Measurement Devices are not Reversible

In the Quantum Measurements: What Are They? lesson, we introduced measurement devices and noted that we will avoid calling measurement devices gates because they are not (in almost all circumstances) represented by matrices that satisfy the conditions of a quantum gate. In particular, they are not reversible. For example, after a photon interacts with a polarization state analyzer, its state might be $|\text{vlp}⟩$. From that information, we know very little about the state describing the photon before it arrived at the device. So, there is no way to apply the measurement operation to get back to the original state.

State analyzers can, however, be represented by “projection operators” constructed as products of right vectors and left vectors. For example, the operation of a state analyzer that puts the qubit in the device’s $\ket0$ state is represented by:

$$M_0 = \ket{0} \bra{0}.$$

If a state $|S⟩ = a_0 \ket0 + a_1 \ket1$ interacts with (is acted upon by) the device, we write the following:

$$M_0 \underbrace{\ket{S}}_\text{{input state}} = \overbrace{\underbrace{\ket{0}}_{\text{ output state}} \bra{0}}^\text{projection operator} {S\rangle}.$$

The output state (consistent with the measurement postulate) is the basis state $\ket0$. The probability of getting that result is the square of $\braket{0|S}$, which we recognize as the amplitude $a_0$ of $\ket S$ associated with the basis state $\ket0$. If the qubit is subsequently detected, we have completed a quantum observation.

As we discussed in the State Amplitudes and Probabilities lesson, the probability is found experimentally by repeating the state preparation–measurement cycle many times. But from a single observation, which is the important point here, we don’t know anything about the amplitude except that it is not $0$.

What happens if we apply $M_0$ to the state on the right side of the above equation?

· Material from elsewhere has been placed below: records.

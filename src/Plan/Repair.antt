-- ===== src/Plan/Repair.antt =====
-- app/projection-repair-pr-plan.ts: the pull request that would repair projections.
pub mod Slug
pub mod Laws
use admissorium.Prelude.{
  select, ℕ, String, Bool, true, false, not, ◌&&◌, ◌||◌, Option, none, some, List, [], ◌∷◌, ◌++◌,
  map, any, length, ltb, ◌==◌, starts_with, if◌then◌else◌,
}
use admissorium.Text.{◌⧺◌, join, print_count}
use admissorium.Js.{Value, str, or_else}
use admissorium.Report.{AdmissibilityReport, Finding, Severity, yellow, verdict_text}
use admissorium.Plan.{Printer, preamble}
use admissorium.Plan.Repair.Slug.{slug}

pub record RepairPlanInput : Type 0 where
  pub report : AdmissibilityReport
  pub repository_full_name : String
  pub base_branch : Option String
  pub branch_prefix : Option String
  pub labels : Option (List String)

pub record Change : Type 0 where
  pub finding_id : String
  pub repo : String
  pub surface : String
  pub invariant : String
  pub expected : String
  pub observed : String
  pub recommended_action : String

pub record RepairPlan : Type 0 where
  pub dry_run : Bool
  pub write_behavior : String
  pub required : Bool
  pub repository : String
  pub base_branch : String
  pub head_branch : String
  pub title : String
  pub body : String
  pub labels : List String
  pub change_count : ℕ
  pub blocked_count : ℕ
  pub changes : List Change
  pub blocked_findings : List Change
  pub run_id : String

-- `PROTECTED_SURFACE_PREFIXES`, each without the slash that it ends in
abbrev pub protected_surfaces : List String
protected_surfaces =
    "law" ∷ "freeze" ∷ "epochs/current" ∷ "current" ∷ "authorities/current" ∷ "receipts/current"
    ∷ "verification/results/current" ∷ "recognitions/current" ∷ "claims/current"
    ∷ "continuity/current" ∷ "transfer/current" ∷ []

unfoldable pub is_protected_surface : String → Bool
is_protected_surface surface =
    any (λ prefix. surface == prefix || starts_with surface (prefix ⧺ "/")) protected_surfaces

abbrev is_yellow : Severity → Bool
is_yellow severity = elim severity [ yellow ↦ true | _ ↦ false ]

unfoldable pub is_projection_repair_finding : Finding → Bool
is_projection_repair_finding finding = is_yellow finding.severity && finding.autofix_allowed

abbrev stringify_evidence : Printer → Value → String
stringify_evidence printer (str s) = s
stringify_evidence printer v = printer.stringify v

unfoldable pub to_change : Printer → Finding → Change
to_change printer finding = record {
  finding_id = finding.finding_id;
  repo = finding.repo;
  surface = finding.surface;
  invariant = finding.invariant;
  expected = stringify_evidence printer finding.expected;
  observed = stringify_evidence printer finding.observed;
  recommended_action = finding.recommended_action;
}

render_change : Change → String
render_change change =
    join
      ("- finding_id: " ⧺ change.finding_id
        ∷ "  repo: " ⧺ change.repo
        ∷ "  surface: " ⧺ change.surface
        ∷ "  invariant: " ⧺ change.invariant
        ∷ "  expected: " ⧺ change.expected
        ∷ "  observed: " ⧺ change.observed
        ∷ "  recommended_action: " ⧺ change.recommended_action
        ∷ [])
      "\n"

abbrev rendered : List Change → String
rendered [] = "None."
rendered (change ∷ changes) = join (map render_change (change ∷ changes)) "\n\n"

repair_body : RepairPlanInput → (changes blocked : List Change) → String
unfolding render_change
repair_body input changes blocked =
    let report = input.report in
    join
      (preamble
        ++ ("## Dry-run boundary"
            ∷ ""
            ∷ "This is a deterministic projection repair pull request plan."
            ∷ "No GitHub pull request is created by this layer."
            ∷ "No branch is created."
            ∷ "No file is mutated."
            ∷ "No truth object is rewritten."
            ∷ ""
            ∷ "## Run"
            ∷ ""
            ∷ "- run_id: " ⧺ report.run_id
            ∷ "- started_at: " ⧺ report.started_at
            ∷ "- repository: " ⧺ input.repository_full_name
            ∷ "- admissibility_verdict: " ⧺ verdict_text report.verdict
            ∷ "- red_count: " ⧺ print_count report.red_count
            ∷ "- yellow_count: " ⧺ print_count report.yellow_count
            ∷ ""
            ∷ "## Planned projection repairs"
            ∷ ""
            ∷ rendered changes
            ∷ ""
            ∷ "## Blocked protected-surface findings"
            ∷ ""
            ∷ rendered blocked
            ∷ []))
      "\n"

-- the findings that a repair may be planned for, and how they are parted
abbrev pub repairable : AdmissibilityReport → List Finding
repairable report = select is_projection_repair_finding report.findings

abbrev pub planned_changes : Printer → AdmissibilityReport → List Change
planned_changes printer report =
    map (to_change printer)
      (select (λ finding. not (is_protected_surface finding.surface)) (repairable report))

abbrev pub planned_blocked : Printer → AdmissibilityReport → List Change
planned_blocked printer report =
    map (to_change printer)
      (select (λ finding. is_protected_surface finding.surface) (repairable report))

unfoldable pub build_repair_plan : Printer → RepairPlanInput → RepairPlan
unfolding repair_body
build_repair_plan printer input =
    let changes = planned_changes printer input.report in
    let blocked = planned_blocked printer input.report in
    let required = ltb 0 (length changes) in
    let run_id = input.report.run_id in
    record {
      dry_run = true;
      write_behavior = "NONE";
      required = required;
      repository = input.repository_full_name;
      base_branch = or_else input.base_branch "main";
      head_branch =
          or_else input.branch_prefix "admissorium/projection-repair"
          ⧺ "-"
          ⧺ slug printer.small_letters run_id;
      title =
          if required
          then "ADMISSORIUM projection repair: " ⧺ run_id
          else "ADMISSORIUM projection repair not required: " ⧺ run_id;
      body = repair_body input changes blocked;
      labels = or_else input.labels ("admissorium" ∷ "projection-repair" ∷ []);
      change_count = length changes;
      blocked_count = length blocked;
      changes = changes;
      blocked_findings = blocked;
      run_id = run_id;
    }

$$M_0 \underbrace{\ket{0}}_{\text{ state after 1st M}_0} \braket{0|S} = \ket{0} \underbrace{\braket{0|0}}_{=1}\braket{0|S} = \ket{0}\braket{0|S}.$$

For the last equality in the above equation, we used $\braket{0|0}=1$ since the basis state is a unit vector. We see that we don’t get back to the original state $\ket S$. Some authors like to say the measurement “collapses the state” and that collapse is irreversible. I prefer to say that the state analyzer device projects the state of the incoming qubit along one of the device’s basis states. Since there are many (in fact infinitely many) different incoming states that get projected to the same output state, the measurement device projection is not reversible.